Check the firewall configuration of the relay server to make sure it can receive and forward traffic to and from its main WAN interface. This should be verified on the specific router or VPC side of the relay server’s provider.

Make sure netmaker’s default iptable rules exist on the relay server using the command “iptables -L” as shown below.

Repeat the above steps excluding the enablement of the linux ip forwarding rule, on the netclient machine we are trying to reach. Need to make sure that machine can reach the relay server and vice versa. Otherwise, we have to verify and troubleshoot the firewall rules of that machine following the same steps.

Static WireGuard

Static WireGuard connections can also be troublesome sometimes. If we have two peers but the peers are not able to reach each other, we should check if the wireguard configurations used are proper. We should verify the public/private key pairs used on both the peers. Then we should verify the endpoint address and ports on each peer configuration. Also, the allowed ip addresses range should be set properly to make sure we allow traffic in and out from those ip addresses / ranges.

If still there is no handshake between the peers, we should follow the above firewall troubleshooting steps to check if necessary ports are allowed through the device and router firewalls. If a handshake is established between the peers but ping is not reachable, we should follow the above troubleshootings steps for configuring the correct MTU size setting. We can modify the static wireguard configuration file and add “MTU = <value>” line under the [interface] tag. And then re-initiate the wireguard interface to apply the changes. Also, for peers behind NAT or any form of restrictive firewall, the persistent keepalive option must be set accordingly to keep the firewall’s NAT table up-to-date for stable connectivity.

Remote Access Gateway and Client

Netmaker provides “Remote Access Gateways” and “Remote Access Clients” for non netclient based devices. External clients are just static wireguard configurations which can be used to add clients which do not support netclient to the netmaker network only using wireguard. Same static wireguard and netmaker relay troubleshooting steps also apply here in case of remote access clients. If the egressing external client doesn't work, make sure to specify the address ranges on the Client Config properly while creating the “VPN Config Files”. If the external client device cannot ping the ranges specified on the client configuration we need to make sure the proper firewall is configured following the same previous steps above.

For Linux-based egressing external clients, iptables must be installed and IP forwarding must be enabled in the remote access gateway machine. In some cases we might need to add POSTROUTING rules. For instance, on Ubuntu, we get the name of the specific network interface of the egressing client that is associated with the egress ranges you've specified.

”ip a”

# add the necessary POSTROUTING rule, say the interface name is eth1

“iptables -t nat -I POSTROUTING -o eth1 -j MASQUERADE”

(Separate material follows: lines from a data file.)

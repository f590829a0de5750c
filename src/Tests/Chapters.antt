-- ===== src/Tests/Chapters.antt =====
-- Cases of the chapters' theorems.
use katalog_manager.Base.{
  ℕ, ◌*◌, ◌-◌, ◌≡◌, refl, true, false, ◌||◌, Option, none, some, List, [], ◌∷◌, arith,
}
use katalog_manager.Base.Backoff.{doubled, double_while}
use katalog_manager.Base.Choice.{sort_by, insert_by}
use katalog_manager.Base.Text.{codes, trim_space, trim_left, trim_right, is_space}
use katalog_manager.Picture.Area.{hour}
use katalog_manager.Chapters.Title.{
  Chapter, written, has_chapters, same, same_chapter, same_title, is_apart, clean_title, clean_text,
  clean_rune, map_runes, cut_title, precedes, rows_of, comes_before,
}
use katalog_manager.Chapters.Title.Kept.{IsClean, AreDistinct}
use katalog_manager.Chapters.Read.{
  Read, state_failed, Replaced, by_admin, Kept, new_read, settles, held_of, of_source, backoff,
  add_one,
}
use katalog_manager.Chapters.Read.Settled.{needs_original, view_settles, settles-view_settles}
use katalog_manager.Chapters.Take.{RecordRead, says, take, is_other}
use katalog_manager.Chapters.Take.Keeps.{IsUndoable}
use katalog_manager.Chapters.Take.Fewer.{NoLoss}
use katalog_manager.Chapters.Marks.{
  Mark, Probe, chapters_of, chapters_from, interpret, interpret_marks, end_of, read_of, is_nonempty,
}
use katalog_manager.Chapters.Marks.Timed.{chapters_of-written}
use katalog_manager.Chapters.Marks.Nothing.{EndsAfter, interpret-EndsAfter}
use katalog_manager.Chapters.Report.{Report, Files, state, leaves, outcome_of, first_bad}
use katalog_manager.Chapters.Record.{
  record_kept, record_report, record_taken, answer_of, answers, movie, transient_failure,
}
use katalog_manager.Chapters.Record.Claims.{owns}
use katalog_manager.Chapters.Record.Ends.{Ends, record_report-Ends}
use katalog_manager.Chapters.Record.Failures.{Stands, record_kept-Stands}
use katalog_manager.Chapters.Record.Fewer.{record_kept-NoLoss}
use katalog_manager.Chapters.Record.Unreadable.{
  fail_all, is_unreadable, fail_all-readable, transient_failure-counts,
}
use katalog_manager.Chapters.Record.Updates.{Call, failed}
use katalog_manager.Chapters.FromRecord.{from_record_kept, take_record}
use katalog_manager.Chapters.FromRecord.Settled.{from_record_kept-needs_original}
use katalog_manager.Chapters.Decisions.{done, revert_kept}
use katalog_manager.Chapters.Decisions.Back.{revert_kept-revert_kept}
use katalog_manager.Chapters.Steps.{reported}
use katalog_manager.Chapters.Steps.Undo.{Step-IsUndoable}

abbrev opening : Chapter
opening = record { start_ms = 0; end_ms = 60000; title = some (codes "Opening"); ordinal = 1 }

abbrev ending : Chapter
ending = record { start_ms = 60000; end_ms = 90000; title = none; ordinal = 2 }

-- The ids that the database draws.
abbrev drawn : ℕ → ℕ
drawn i = i

-- The title's first row, and one with a chapter of the original 2.
abbrev fresh : Kept
fresh = record { row = new_read 0; chapters = []; ids = drawn }

abbrev of_two : Kept
of_two = record {
  row = record (new_read 0) { rows_source = some 2 };
  chapters = opening ∷ [];
  ids = drawn;
}

abbrev found_two : Report
found_two = record {
  read = record {
    path = codes "/m";
    source_id = some 3;
    file_size = none;
    found = some 2;
    error = codes "";
    transient = false;
    note = codes "";
    probe = codes "";
    seconds = none;
  };
  chapters = some (opening ∷ ending ∷ []);
  token = codes "t";
  released = false;
}

abbrev broken : Report
broken = record found_two {
  read = record found_two.read { error = codes "no header"; found = none };
  chapters = none;
}

abbrev source_three : Option ℕ × Option ℕ
source_three = (some 3, none)

-- A report of another original's chapters, without a claim.
abbrev pass : Report
pass = record found_two { token = codes "" }

record_kept-NoLoss_example :
    NoLoss
      (some 2)
      (some 3)
      (opening ∷ [])
      (record_kept pass source_three none none 5 of_two).chapters
record_kept-NoLoss_example = record_kept-NoLoss pass source_three none none 5 of_two

Step-IsUndoable_example : IsUndoable of_two (record_kept pass source_three none none 5 of_two)
Step-IsUndoable_example =
    Step-IsUndoable of_two (record_kept pass source_three none none 5 of_two)
      (reported pass source_three none none 5 of_two)

settles-view_settles_example :
    settles (record (new_read 0) { rows_source = some 2 }) (some 2) true
    ≡ view_settles (some (record (new_read 0) { rows_source = some 2 })) 2 true
settles-view_settles_example =
    settles-view_settles (record (new_read 0) { rows_source = some 2 }) 2 true

-- The source record of original 3 holds two chapters.
abbrev two_chapters : RecordRead
two_chapters = record {
  path = codes "/s";
  found = 2;
  chapters = opening ∷ ending ∷ [];
  note = codes "";
  held = codes "";
  why = codes "";
  err = none;
}

two_chapters_settle : (from_record_kept 3 true two_chapters 5 of_two).0 ≡ true
unfolding from_record_kept take_record held_of of_source settles says take is_other same
    same_chapter same_title is_apart clean_title clean_text clean_rune map_runes cut_title
    trim_space trim_left trim_right is_space new_read
two_chapters_settle = refl

from_record_kept-needs_original_example :
    needs_original none
      (some (from_record_kept 3 true two_chapters 5 of_two).1.row)
      (some 3)
      (from_record_kept 3 true two_chapters 5 of_two).1.chapters
      none
    ≡ false
from_record_kept-needs_original_example =
    from_record_kept-needs_original 3 true two_chapters 5 of_two none none two_chapters_settle

-- A title that a run has handed out, under the token t.
abbrev claimed : Read
claimed = record (new_read 0) {
  claimed_at = some 1;
  claimed_by = some (codes "w");
  claim_token = some (codes "t");
}

abbrev no_files : Files
no_files = record { sources = []; versions = []; assets = [] }

abbrev reported_title : Kept
reported_title =
    record_taken (λ s. two_chapters) (λ s. none) no_files found_two 5
      (record { row = claimed; chapters = []; ids = drawn })

reported_answers :
    record_report
      (λ s. two_chapters)
      (λ s. none)
      no_files
      (some movie)
      found_two
      5
      (some claimed)
      []
      drawn
    ≡ answers reported_title
unfolding record_report answer_of state outcome_of first_bad trim_space trim_left trim_right
    is_space
reported_answers = refl

record_report-Ends_example : Ends (owns (trim_space (codes "t")) claimed) claimed reported_title.row
record_report-Ends_example =
    record_report-Ends (λ s. two_chapters) (λ s. none) no_files (some movie) found_two 5
      (some claimed) [] drawn reported_title reported_answers

broken_fails : state broken ≡ leaves state_failed
unfolding state trim_space trim_left trim_right is_space
broken_fails = refl

record_kept-Stands_example :
    ((record_kept broken source_three none none 5 of_two).chapters ≡ opening ∷ [])
    × ((settles of_two.row (some 3) true || held_of of_two.row (some 3)) ≡ true
        → Stands (some 3) true of_two.row (record_kept broken source_three none none 5 of_two).row)
record_kept-Stands_example = record_kept-Stands broken source_three none none 5 of_two broken_fails

-- Calls at a time, of no claim.
abbrev call_at : ℕ → Call
call_at now = record {
  own = false;
  lapse = false;
  source = some 3;
  size = none;
  path = codes "/m";
  probe = codes "";
  found = 0;
  seconds = none;
  now = now;
}

fail_all-readable_example :
    is_unreadable
      (fail_all ((call_at 10, codes "a") ∷ (call_at (2 * hour), codes "b") ∷ []) (new_read 0)).state
    ≡ false
unfolding new_read
fail_all-readable_example =
    fail_all-readable 0 ((call_at 10, codes "a") ∷ (call_at (2 * hour), codes "b") ∷ [])
      (new_read 0) refl refl (omega arith)

-- Two failures are counted: the next is not before three hours.
abbrev twice_failed : Read
twice_failed = record (new_read 0) {
  state = state_failed;
  failures = 2;
  next_attempt = some (3 * hour);
}

hour_waits : backoff (add_one 0) ≡ hour
unfolding backoff doubled double_while
hour_waits = refl

transient_failure-counts_example :
    ((failed (call_at (2 * hour)) (codes "b") twice_failed).failures ≡ 2)
    × ((failed
          (call_at (2 * hour))
          (codes "b")
          (transient_failure (call_at hour) (codes "s") twice_failed)).failures
        ≡ add_one 2)
unfolding new_read
transient_failure-counts_example =
    transient_failure-counts (call_at hour) (call_at (2 * hour)) (codes "b") (codes "s")
      twice_failed (3 * hour) refl refl refl (omega (arith, hour_waits)) (omega arith)

abbrev two_marks : List Mark
two_marks =
    record { start = some 0; end = none; title = some (codes "Opening") }
    ∷ record { start = some 60000; end = none; title = none }
    ∷ []

chapters_of-written_example :
    (first_bad 1 (chapters_of two_marks (some 90000)) ≡ none)
    × ((ids : ℕ → ℕ)
        → written ids (chapters_of two_marks (some 90000)) ≡ chapters_of two_marks (some 90000))
chapters_of-written_example = chapters_of-written two_marks (some 90000) (omega arith)

-- A probe of a file without a mark.
abbrev no_marks : Probe
no_marks = record { chapters = some []; duration = some 90000; start_time = none; streams = [] }

no_marks_said : says (interpret no_marks) ≡ true
unfolding says interpret interpret_marks chapters_of chapters_from read_of
no_marks_said = refl

no_marks_none : has_chapters (interpret no_marks).chapters ≡ false
unfolding interpret interpret_marks chapters_of chapters_from read_of
no_marks_none = refl

interpret-EndsAfter_example :
    (marks : List Mark) × (no_marks.chapters ≡ some marks)
    × (is_nonempty marks ≡ true → EndsAfter marks (end_of no_marks))
interpret-EndsAfter_example = interpret-EndsAfter no_marks no_marks_said no_marks_none

-- The title's chapter, and the two kept to undo.
abbrev kept_two : Replaced
kept_two = record { at = 4; by = by_admin; source = some 2; chapters = opening ∷ ending ∷ [] }

abbrev undoable : Kept
undoable = record {
  row = record (new_read 0) { replaced = some kept_two; rows_source = some 3 };
  chapters = opening ∷ [];
  ids = drawn;
}

opening-IsClean : IsClean opening
unfolding clean_title clean_text clean_rune map_runes cut_title trim_space trim_left trim_right
    is_space
opening-IsClean = refl

ending-IsClean : IsClean ending
unfolding clean_title
ending-IsClean = refl

in_turn-AreDistinct : AreDistinct (opening ∷ ending ∷ [])
unfolding precedes
in_turn-AreDistinct = (refl, tt)

-- Two chapters of one ordinal and start come back in the order of the ids drawn for them.
by_ids :
    (written (λ i. i) (opening ∷ record opening { title = none } ∷ [])
      ≡ opening ∷ record opening { title = none } ∷ [])
    × (written (λ i. 1 - i) (opening ∷ record opening { title = none } ∷ [])
        ≡ record opening { title = none } ∷ opening ∷ [])
unfolding written rows_of comes_before sort_by insert_by precedes clean_title clean_text clean_rune
    map_runes cut_title trim_space trim_left trim_right is_space
by_ids = (refl, refl)

one_of_two : same (opening ∷ []) (opening ∷ ending ∷ []) ≡ false
unfolding same same_chapter same_title is_apart clean_title clean_text clean_rune map_runes
    cut_title trim_space trim_left trim_right is_space
one_of_two = refl

two_of_one : same (opening ∷ ending ∷ []) (opening ∷ []) ≡ false
unfolding same same_chapter same_title is_apart clean_title clean_text clean_rune map_runes
    cut_title trim_space trim_left trim_right is_space
two_of_one = refl

revert_kept-revert_kept_example :
    (once : Kept) × (twice : Kept) × (revert_kept (some 3) (codes "a") 6 undoable ≡ done once)
    × (once.chapters ≡ opening ∷ ending ∷ [])
    × (revert_kept (some 3) (codes "a") 7 once ≡ done twice)
    × (twice.chapters ≡ opening ∷ [])
revert_kept-revert_kept_example =
    revert_kept-revert_kept (some 3) (some 3) (codes "a") (codes "a") 6 7 undoable kept_two refl
      refl refl in_turn-AreDistinct (opening-IsClean, (ending-IsClean, tt)) tt (opening-IsClean, tt)
      one_of_two two_of_one
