-- ===== src/Tests/Compliance.antt =====
-- Cases of the theorems on the report's orders.
use Prim.Native.Nat.{compare}
use katalog_manager.Base.{ℕ, suc, ◌≡◌, refl, true, none, some, List, [], ◌∷◌, arith, length}
use katalog_manager.Compliance.Order.{
  Row, Columns, KeyType, package_size, columns_of, sort_keys, comes_before, order_keys, write_all,
}
use katalog_manager.Compliance.Order.Agree.{compare-flip}
use katalog_manager.Compliance.Order.Pages.{AreOrdered, before, write_all_lem}

abbrev zero_of : KeyType → ℕ
zero_of t = 0

-- A row of a package's size, which may be none.
abbrev row : ℕ → Row ℕ
row id = record {
  package_bytes = none;
  original_bytes = none;
  saved_bytes = none;
  bitrate = none;
  lower_series = none;
  season = none;
  episode = none;
  lower_title = none;
  id = id;
}

abbrev small : Row ℕ
small = record (row 3) { package_bytes = some 10 }

abbrev large : Row ℕ
large = record (row 2) { package_bytes = some 20 }

-- The largest package first, and the row without one last.
abbrev columns : Row ℕ → Columns ℕ
columns r = columns_of zero_of package_size true r

abbrev rows : List (Row ℕ)
rows = large ∷ small ∷ row 1 ∷ []

rows-AreOrdered : AreOrdered (before compare compare-flip true columns) rows
unfolding comes_before order_keys columns_of sort_keys
rows-AreOrdered = ((refl, (refl, tt)), ((refl, tt), (tt, tt)))

write_all_lem_example : write_all compare true columns (suc (length rows)) 2 none rows ≡ some rows
write_all_lem_example =
    write_all_lem compare compare-flip true columns 2 rows (omega arith) rows-AreOrdered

The remote access gateway server should show all the external clients as peers when using the command “wg”. If the peers are missing, a manual “netclient pull” should sync the configurations.

If we are trying to use domain names that are specifically set for each peer in the network, we must make sure that the DNS server for the remote access gateway server is set properly to a dns server which can resolve those domain names and addresses.

Egress

Netclient egress gateway is a feature to forward traffic to and from a specific ip address range which only the egress gateway can access directly. This feature uses WireGuard’s allowed ip ranges for routing traffic accordingly.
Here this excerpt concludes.